My family disapproved of the language that was spoken on the reservation, because it wasn’t what the rest of the nation considered good English. To be fair, it was a dialect and should have been treated with a certain respect as Europeans treat their dialects. Instead, a lot of stigma was attached to it. How the children who had only ever heard and spoken this reservation dialect coped when they got to school is beyond me. Fun with Dick and Jane, which was the first primer, should have had a translation and a glossary.

Of all the versions of English I’ve learned to speak, Melangian is the most expressive and emotional. Maybe this is why it is the language of popular music today. Whether by Hall and Oates, the Stones or Michael McDonald, a lot of hits are written and recorded by non-Melangians in our dialect. It certainly says what it has to say and takes the most direct route. It has a flatness to its tone which is basically guttural and combines this with rhythm and a Southern American lilt.

When Charles Dickens wrote his American travelogue in 1846 after an extensive trip around the States, he said that the English that he heard spoken by women in the Southern states showed the influence of the mammies that raised them. So the Southern accent was affected by Melangian and vice versa. We picked up English how and when we could, as it was never formally taught us.

To hear it spoken, Melangian is like upper-class county English in that it’s full of diphthongs and open vowel sounds. Consonants at the end of words are often dropped, as in the Scots accent, and when they are sounded, they’re softened. This is probably why Melangian is so useful for modern singing. It lets the mouth hold open sounds for words like ‘don’t, ‘last’ and ‘morning’, to name but three.
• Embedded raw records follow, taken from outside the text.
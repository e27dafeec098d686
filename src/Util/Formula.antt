-- ===== src/Util/Formula.antt =====
-- `split_simple_formula`: a comparison such as `level >= 10` into its two sides and its operator. Each
-- side has a buffer of 64 bytes. A read in front of the text and a write behind a buffer are `none`.
pub mod Parse
use netsystem.Base.{
  ℕ, zero, suc, ◌+◌, ◌-◌, ◌≤◌, ◌<◌, ◌≡◌, refl, sym, ap, ◌∙◌, Bool, true, false, not, ◌&&◌, ◌||◌,
  List, [], ◌∷◌, ◌++◌, append-nil, append_assoc, if◌then◌else◌, ltb, ◌==◌, length, length-append,
  drop, arith, Bool-cases, inl, inr, ltb→lt, lt→ltb, Option, some, none, ◌>>=◌,
}
use netsystem.Util.Hex.{is_empty}

pub data FormulaTestFlag : Type 0 where
  formula_test_unknown formula_test_equal formula_test_not_equal formula_test_less_than
        formula_test_greater_than formula_test_less_or_eq formula_test_greater_or_eq :
      FormulaTestFlag

pub record SimpleFormula : Type 0 where
  pub left : List ℕ
  pub right : List ℕ
  pub test_flag : FormulaTestFlag

-- a blank or a tab
unfoldable pub is_blank : ℕ → Bool
is_blank c = c == 32 || c == 9

-- `>`, `<`, `=` and `!`
unfoldable pub is_operator : ℕ → Bool
is_operator c = c == 62 || c == 60 || c == 61 || c == 33

-- The blanks at the end, of which those up to the first byte stay.
unfoldable pub drop_blanks : List ℕ → List ℕ
drop_blanks [] = []
drop_blanks (c ∷ str) =
    let rest = drop_blanks str in if is_empty rest && is_blank c then [] else c ∷ rest

unfoldable pub trim_tail : List ℕ → List ℕ
trim_tail [] = []
trim_tail (c ∷ str) = c ∷ drop_blanks str

-- One byte more, unless it is a blank in front of all.
unfoldable pub collect : List ℕ → ℕ → List ℕ
collect side c = if not (is_empty side) || not (is_blank c) then side ++ (c ∷ []) else side

-- The first loop, with the bytes of the left side so far: the side, and the text from the operator on.
-- Without an operator, or with 63 bytes in front of it, `k` stays -1 and the second loop reads in front
-- of the text.
unfoldable pub left_from : List ℕ → List ℕ → Option (List ℕ × List ℕ)
left_from side [] = none
left_from side (c ∷ str) =
    let on = left_from (collect side c) str in
    if ltb (length side + 1) 64 && not (is_operator c)
    then on
    else (if is_operator c then some (trim_tail side, c ∷ str) else none)

-- Whether the byte behind the operator is `=`.
unfoldable pub next_is_eq : List ℕ → Bool
next_is_eq [] = false
next_is_eq (c ∷ str) = c == 61

unfoldable pub flag_of : ℕ → (eq : Bool) → FormulaTestFlag
flag_of c eq =
    if c == 62
    then (if eq then formula_test_greater_or_eq else formula_test_greater_than)
    else (if c == 60
        then (if eq then formula_test_less_or_eq else formula_test_less_than)
        else (if c == 33
            then (if eq then formula_test_not_equal else formula_test_unknown)
            else formula_test_equal))

-- The second loop.
unfoldable pub right_from : List ℕ → List ℕ → List ℕ
right_from side [] = side
right_from side (c ∷ str) = right_from (collect side c) str

unfoldable pub finish_formula : List ℕ → FormulaTestFlag → List ℕ → Option SimpleFormula
finish_formula left flag right =
    if ltb (length right) 64
    then some (record { left = left; right = trim_tail right; test_flag = flag })
    else none

unfoldable pub from_operator : List ℕ × List ℕ → Option SimpleFormula
from_operator (left, []) = none
from_operator (left, c ∷ str) =
    let eq = next_is_eq str in
    finish_formula left (flag_of c eq) (right_from [] (if eq then drop 1 str else str))

unfoldable pub split_simple_formula : List ℕ → Option SimpleFormula
split_simple_formula formula = left_from [] formula >>= from_operator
Melangian was the language I relied upon to express myself on the reservation when my mother wasn’t within hearing distance. We weren’t allowed to speak it at home. I still enjoy using it when I get a chance. When an issue gets bogged down with unnecessary words, if I think in Melangian, I can keep a clearer picture of what’s really going on. Of all the English dialects, Melangian is the one that best expresses joy and ebullience.

The class system on the reservation was more like a caste system, related to physical appearance. I guess it evolved out of the plantation politics, when how you looked may have determined whether you worked in the house or the field. Skin colour, hair texture and facial features affected your social status. Hair that grew wavy and long, light-coloured eyes and skin, afforded you more opportunity.

In the 1940s, educational opportunity was too limited for Melangians to see education as an available route to a better life, although we had our own doctors, lawyers, teachers and professionals, most of whom were educated in small Melangian colleges in the South. There weren’t many of these graduates. My father’s chance to go to Harvard was not one to be taken lightly or interfered with. It compared with a boy from the Gorbals getting a scholarship to go to Christ Church College, Oxford. His academic achievements linked my family to the professional class even though we were struggling to eat, like everybody around us. Our mother worked especially hard to have us live up to our assumed identity and went to great pains to make sure that we spoke English as well as anyone else and that our education and ambitions weren’t stinted in any way. For this she was often accused of acting white and treating us as if we were. On the reservation, no accusation was more damning. She turned a deaf ear.

It would be misleading to paint only a glowing picture of the reservation. If you saw a photograph of one without a caption, you might mistake it for a war zone. Young men prepared for combat, patrolling and armed and waiting; a rubbled landscape; an atmosphere of torment, confusion or resignation on the faces of both young and old, highlighted by a queer sense of abandonment.

The work that was available wasn’t likely to improve your future status and crime seemed to pay.